“Moody's decision to reduce the outlook for its credit rating of the South African government from 'stable' to 'negative' is not unexpected in the light of the country’s weak economy and deteriorating public finances.”
This is according to Prof Raymond Parsons, a well-known economist and academic from the North-West University (NWU) Business School.
“The Moody's review warns that, unless South Africa gets its economic house in order soon, it faces the possibility of an investment downgrade later. South Africa has therefore been put on notice about the urgent need to improve its economic steersmanship. Purposeful collective action is required if the country is to eventually avoid universal 'junk' status, given the existing sub-investment ratings by Standard & Poor as well as Fitch,” he says.
Prof Parsons says that, in the event of South Africa later lapsing into universal 'junk' status, there would be the potential capital outflows and higher costs of borrowing associated with South Africa's removal from global bond indices.
“This ultimately makes it more difficult and costly to finance growth by both the public and private sectors. Moody's message therefore is that the country must make a much more determined effort to break out of its 'low growth trap' but without falling into a 'debt trap'. The fundamental challenge to South Africa therefore remains the overarching one of implementing essential pro-growth reforms.”
According to Prof Parsons, the negative outlook in part conveys Moody's increasing concern that the political will is not there to implement the official plans to turn the economy around.
He says the recent MTBPS offered a frank assessment of South Africa's current grim fiscal outlook, but fell far short of creating the necessary confidence that key remedies were indeed going to be urgently implemented.
“Crafting a credible fiscal strategy to contain rising public debt has indeed presented policy makers with tough choices – choices that cannot any longer be avoided or indefinitely postponed, such as those about Eskom.
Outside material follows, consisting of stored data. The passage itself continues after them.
-- ===== src/Actions/Calls/Keys.antt =====
-- Idempotency keys: a key leads to its action, and an action has a receipt exactly when its status
-- says that the provider has accepted it.
pub mod Run
use Prim.Native.String.{◌++◌ as append}
use agents_reality_layer.Prelude.{
  string_eq, pair_eq, String, Bool, true, false, Option, none, some, List, [], ◌∷◌, ◌≡◌, ◌≢◌, refl,
  sym, subst, ap, ◌∙◌, ◌==◌, ==_iff, inl, inr, ◌⊎◌, Bool-cases, Option-cases, arith, if◌then◌else◌,
  is_some,
}
use agents_reality_layer.Dict
use agents_reality_layer.Dict.Laws.{get-put, get-put_self}
use agents_reality_layer.Json.{Platform}
use agents_reality_layer.Errors.{Result, ok}
use agents_reality_layer.Actions.Models.{
  ActionStatus, provider_accepted, verification_pending, verified, verification_failed,
  state_diverged, ActionProposal, ActionDecision, approved, denied, approval_required,
  ExecutionReceipt,
}
use agents_reality_layer.Actions.Policy.{Context, evaluate_policy}
use agents_reality_layer.Actions.Service.{
  StoredAction, ActionService, init, owned_action, append_event, set_status,
}
use agents_reality_layer.Actions.Service.Lifecycle
use agents_reality_layer.Actions.Service.Lifecycle.{Fresh, propose_new, verifiable}
use agents_reality_layer.Actions.Calls.{
  Call, System, Provider, step, run, Turn, Effect, same, moved, accepted, noted, created,
}
use agents_reality_layer.Actions.Calls.Effects.{step-Effect}
use agents_reality_layer.Actions.Calls.Owned.{
  owned_action_found, with_status, get-set_status, new_action, get-propose_new, get-propose_new_ne,
}
use agents_reality_layer.Actions.Calls.Status.{AllFresh}

-- the statuses after the provider's acceptance
abbrev pub was_accepted : ActionStatus → Bool
was_accepted provider_accepted = true
was_accepted verification_pending = true
was_accepted verified = true
was_accepted verification_failed = true
was_accepted state_diverged = true
was_accepted _ = false

abbrev pub key_of : StoredAction → String × String
key_of a = (a.tenant_id, a.proposal.idempotency_key)

pub record IsConsistent (s : ActionService) : Type 0 where
  -- a key leads to an action that carries it
  pub keyed :
      (k : String × String) (i : String)
      → Dict.get s.idempotency k ≡ some i
      → (a : StoredAction) × (Dict.get s.actions i ≡ some a) × (key_of a ≡ k)
  -- every action is the one that its key leads to
  pub registered :
      (i : String) (a : StoredAction)
      → Dict.get s.actions i ≡ some a
      → Dict.get s.idempotency (key_of a) ≡ some i
  -- a receipt is held exactly for an accepted action
  pub received :
      (i : String) (a : StoredAction)
      → Dict.get s.actions i ≡ some a
      → is_some (Dict.get s.executions (key_of a)) ≡ was_accepted a.decision.status
  -- a receipt belongs to a key that is in use
  pub receipted :
      (k : String × String)
      → is_some (Dict.get s.executions k) ≡ true
      → is_some (Dict.get s.idempotency k) ≡ true

pub turn-was_accepted : {a b : ActionStatus} → Turn a b → was_accepted a ≡ was_accepted b
turn-was_accepted Turn.approve = refl
turn-was_accepted Turn.deny = refl
turn-was_accepted Turn.fail_precondition = refl
turn-was_accepted Turn.reject = refl
turn-was_accepted {a} (Turn.confirm v) = ground arith
turn-was_accepted {a} (Turn.postpone v) = ground arith
turn-was_accepted {a} (Turn.time_out v) = ground arith
turn-was_accepted {a} (Turn.diverge v) = ground arith

-- One written status keeps the invariant, if it says of the provider what the status before said.
module _ (s : ActionService) (i tenant_id : String) (action : StoredAction) (status : ActionStatus)
    (reason : String) (h : owned_action s i tenant_id ≡ ok action) where
  -- the action that stood where one is found after the write
  before_write :
      (j : String) (a : StoredAction)
      → Dict.get (set_status s i action status reason).actions j ≡ some a
      → (i ≡ j) × (a ≡ with_status action status reason)
        ⊎ ((i ≢ j) × (Dict.get s.actions j ≡ some a))
  before_write j a e = elim (Bool-cases (i == j)) [
    | inr n ↦
        inr (
          λ p. ground (arith, ==_iff i j),
          ground (arith, get-set_status s i action status reason j),
        )
    | inl y ↦ inl ((==_iff i j).0 y, ground (arith, get-set_status s i action status reason j))
  ]

  -- what a key leads to after the write
  after_write :
      (j : String) (k : String × String)
      → ((a : StoredAction) × (Dict.get s.actions j ≡ some a) × (key_of a ≡ k))
      → (a : StoredAction) × (Dict.get (set_status s i action status reason).actions j ≡ some a)
        × (key_of a ≡ k)
  after_write j k (a, g, e) = elim (Bool-cases (i == j)) [
    | inr n ↦ (a, ground (arith, get-set_status s i action status reason j), e)
    | inl y ↦ (
      with_status action status reason,
      ground (arith, get-set_status s i action status reason j),
      ground (arith, owned_action_found s i tenant_id h, ==_iff i j),
    )
  ]

  registered_write :
      IsConsistent s
      → (j : String) (a : StoredAction)
      → Dict.get (set_status s i action status reason).actions j ≡ some a
      → Dict.get s.idempotency (key_of a) ≡ some j
  registered_write c j a e = elim (before_write j a e) [
    | inr (_, g) ↦ c.registered j a g
    | inl (p, q) ↦
        subst (λ x. Dict.get s.idempotency (key_of x) ≡ some j) (sym q)
          (c.registered i action (owned_action_found s i tenant_id h).0 ∙ ap some p)
  ]

  pub set_status-IsConsistent :
      was_accepted action.decision.status ≡ was_accepted status
      → IsConsistent s
      → IsConsistent (set_status s i action status reason)
  unfolding set_status
  set_status-IsConsistent side c = record {
    keyed = λ k j e. after_write j k (c.keyed k j e);
    registered = registered_write c;
    received = λ j a e. elim (before_write j a e) [
      | inr (_, g) ↦ c.received j a g
      | inl (p, q) ↦
          subst (λ x. is_some (Dict.get s.executions (key_of x)) ≡ was_accepted x.decision.status)
            (sym q) (c.received i action (owned_action_found s i tenant_id h).0 ∙ side)
    ];
    receipted = c.receipted;
  }

  -- the write of the acceptance, with its receipt
  pub accept-IsConsistent :
      (receipt : ExecutionReceipt)
      → was_accepted status ≡ true
      → IsConsistent s
      → IsConsistent (record (set_status s i action status reason) {
        executions = Dict.put s.executions (key_of action) receipt;
      })
  unfolding set_status
  accept-IsConsistent receipt side c = record {
    keyed = λ k j e. after_write j k (c.keyed k j e);
    registered = registered_write c;
    received = λ j a e. elim (before_write j a e) [
      | inl (p, q) ↦
          subst
            (λ x.
              is_some (Dict.get (Dict.put s.executions (key_of action) receipt) (key_of x))
              ≡ was_accepted x.decision.status)
            (sym q) (ap is_some (get-put_self s.executions (key_of action) receipt) ∙ sym side)
      | inr (n, g) ↦ ground (
        arith,
        get-put s.executions (key_of action) (key_of a) receipt,
        ==_iff (key_of action) (key_of a),
        c.registered j a g,
        c.registered i action (owned_action_found s i tenant_id h).0,
        c.received j a g,
      )
    ];
    receipted = λ k e. ground (
      arith,
      get-put s.executions (key_of action) k receipt,
      ==_iff (key_of action) k,
      c.registered i action (owned_action_found s i tenant_id h).0,
      c.receipted k,
    );
  }
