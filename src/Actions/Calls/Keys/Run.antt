-- ===== src/Actions/Calls/Keys/Run.antt =====
-- The invariant of the keys holds after every run of calls of a new service.
use Prim.Native.String.{◌++◌ as append}
use agents_reality_layer.Prelude.{
  string_eq, pair_eq, String, false, none, some, List, [], ◌∷◌, ◌≡◌, refl, sym, subst, ap, ◌∙◌,
  ◌==◌, ==_iff, inl, inr, ◌⊎◌, Bool-cases, Option-cases, arith, is_some,
}
use agents_reality_layer.Dict
use agents_reality_layer.Dict.Laws.{get-put, get-put_self}
use agents_reality_layer.Json.{Platform, Object}
use agents_reality_layer.Actions.Models.{ActionProposal, provider_accepted}
use agents_reality_layer.Actions.Policy.{Context, evaluate_policy}
use agents_reality_layer.Actions.Service.{
  StoredAction, ActionService, init, append_event, set_status,
}
use agents_reality_layer.Actions.Service.Lifecycle.{Fresh, propose_new}
use agents_reality_layer.Actions.Calls.{
  Call, System, Provider, step, run, Effect, same, moved, accepted, noted, created,
}
use agents_reality_layer.Actions.Calls.Effects.{step-Effect}
use agents_reality_layer.Actions.Calls.Owned.{
  owned_action_found, new_action, get-propose_new, get-propose_new_ne,
}
use agents_reality_layer.Actions.Calls.Status.{AllFresh}
use agents_reality_layer.Actions.Calls.Keys.{
  was_accepted, key_of, IsConsistent, turn-was_accepted, set_status-IsConsistent,
  accept-IsConsistent,
}

-- the policy does not speak for the provider
policy_not_accepted :
    (py : Platform) (id : String) (p : ActionProposal) (role : String) (context : Context)
    (version : String)
    → was_accepted (evaluate_policy py id p role context version).status ≡ false
unfolding evaluate_policy
policy_not_accepted py id p role context version = ground arith

module _ (py : Platform) (s : ActionService) (proposal : ActionProposal) (role tenant_id : String)
    (context : Context) (fresh : Fresh)
    (new_id : Dict.get s.actions (append "act_" fresh.action_hex) ≡ none)
    (new_key : Dict.get s.idempotency (tenant_id, proposal.idempotency_key) ≡ none)
    (c : IsConsistent s) where
  abbrev id : String
  id = append "act_" fresh.action_hex

  abbrev key : String × String
  key = (tenant_id, proposal.idempotency_key)

  abbrev action : StoredAction
  action = new_action py proposal role tenant_id context fresh

  abbrev after : ActionService
  after = (propose_new py s proposal role tenant_id context fresh).1

  created_keyed :
      (k : String × String) (i : String)
      → Dict.get (Dict.put s.idempotency key id) k ≡ some i
      → (a : StoredAction) × (Dict.get after.actions i ≡ some a) × (key_of a ≡ k)
  created_keyed k i e = elim (Bool-cases (key == k)) [
    | inl y ↦ (
      action,
      ground (
        arith,
        get-put s.idempotency key k id,
        ==_iff key k,
        ==_iff id i,
        get-propose_new py s proposal role tenant_id context fresh i,
      ),
      (==_iff key k).0 y,
    )
    | inr n ↦
        let (a, g, h) = c.keyed k i (ground (arith, get-put s.idempotency key k id)) in
        (a, get-propose_new_ne py s proposal role tenant_id context fresh i new_id g, h)
  ]

  -- an action that is found is the new one or an old one
  created_cases :
      (i : String) (a : StoredAction)
      → Dict.get after.actions i ≡ some a
      → ((id ≡ i) × (a ≡ action)) ⊎ (Dict.get s.actions i ≡ some a)
  created_cases i a e = elim (Bool-cases (id == i)) [
    | inl y ↦ inl (
      (==_iff id i).0 y,
      ground (arith, get-propose_new py s proposal role tenant_id context fresh i),
    )
    | inr n ↦ inr (ground (arith, get-propose_new py s proposal role tenant_id context fresh i))
  ]

  no_receipt : Dict.get s.executions key ≡ none
  no_receipt = elim (Option-cases (Dict.get s.executions key)) [
    | inl n ↦ n
    | inr (r, g) ↦ absurd (ground (arith, c.receipted key))
  ]

  propose_new-IsConsistent : IsConsistent after
  unfolding propose_new append_event
  propose_new-IsConsistent = record {
    keyed = created_keyed;
    registered = λ i a e. elim (created_cases i a e) [
      | inl (p, q) ↦
          subst (λ x. Dict.get (Dict.put s.idempotency key id) (key_of x) ≡ some i) (sym q)
            (get-put_self s.idempotency key id ∙ ap some p)
      | inr g ↦ ground (
        arith,
        get-put s.idempotency key (key_of a) id,
        ==_iff key (key_of a),
        c.registered i a g,
      )
    ];
    received = λ i a e. elim (created_cases i a e) [
      | inl (p, q) ↦
          subst (λ x. is_some (Dict.get s.executions (key_of x)) ≡ was_accepted x.decision.status)
            (sym q)
            (ap is_some no_receipt ∙ sym (policy_not_accepted py id proposal role context "mvp-1"))
      | inr g ↦ c.received i a g
    ];
    receipted = λ k e. ground (arith, get-put s.idempotency key k id, c.receipted k);
  }

append_event-IsConsistent :
    (py : Platform) (s : ActionService) (t i event_type role : String) (payload : Object)
    (hex : String)
    → IsConsistent s
    → IsConsistent (append_event py s t i event_type role payload hex)
unfolding append_event
append_event-IsConsistent py s t i event_type role payload hex c = record {
  keyed = c.keyed;
  registered = c.registered;
  received = c.received;
  receipted = c.receipted;
}

Effect-IsConsistent :
    {py : Platform} {s : ActionService} {t hex : String} {s' : ActionService}
    → Effect py s t hex s'
    → IsConsistent s
    → IsConsistent s'
Effect-IsConsistent same c = c
Effect-IsConsistent {py} {s = s} {t} (moved i a status reason _ _ _ h e _) c =
    append_event-IsConsistent py _ t i _ _ _ _
      (set_status-IsConsistent s i t a status reason h (turn-was_accepted e) c)
Effect-IsConsistent {py} {s = s} {t} (accepted i a receipt h e _) c =
    append_event-IsConsistent py _ t i _ _ _ _ (
      subst
        (λ u. IsConsistent (record (set_status s i a provider_accepted "Provider accepted write.") {
          executions = Dict.put s.executions (u, a.proposal.idempotency_key) receipt;
        }))
        (owned_action_found s i t h).1
        (accept-IsConsistent s i t a provider_accepted "Provider accepted write." h receipt refl c))
Effect-IsConsistent {py} {s = s} {t} (noted i a _ h e) c =
    append_event-IsConsistent py s t i _ _ _ _ c
Effect-IsConsistent {py} {s = s} {t} (created proposal role context fresh n k _) c =
    propose_new-IsConsistent py s proposal role t context fresh n k c

init-IsConsistent : IsConsistent init
unfolding Dict.get
init-IsConsistent = record {
  keyed = λ k i e. ground arith;
  registered = λ i a e. cc;
  received = λ i a e. ground arith;
  receipted = λ k e. cc;
}

module _ {W : Type 0} (py : Platform) (provider : Provider W) where
  run_keeps :
      (t : System W) (calls : List Call)
      → AllFresh py provider t calls
      → IsConsistent t.service
      → IsConsistent (run py provider t calls).service
  unfolding run
  run_keeps t [] new v = v
  run_keeps t (c ∷ calls) new v =
      run_keeps (step py provider t c) calls new.1
        (Effect-IsConsistent (step-Effect py t.service provider t.world c new.0) v)

  -- Whatever calls are made of a new service, each new id being one that is not in use: a key leads
  -- to the one action of its tenant that carries it, and the receipt of an execution is held exactly
  -- for the actions whose status says that the provider has accepted them.
  pub run-IsConsistent :
      (world : W) (calls : List Call)
      → AllFresh py provider (record { service = init; world = world }) calls
      → IsConsistent (run py provider (record { service = init; world = world }) calls).service
  run-IsConsistent world calls new =
      run_keeps (record { service = init; world = world }) calls new init-IsConsistent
“What South Africa basically needs now to remedy the fiscal situation, is a strong and sustained improvement in its flagging growth rate, which must remain the overall priority in economic policy.
“Investor confidence needs to be boosted. The forthcoming investment summit from 5 to 7 November will be another key opportunity to strengthen the close collaboration needed between government and business to promote the projects and policies required for job-rich growth. Moody's decision injects even more importance into that event,” he concludes.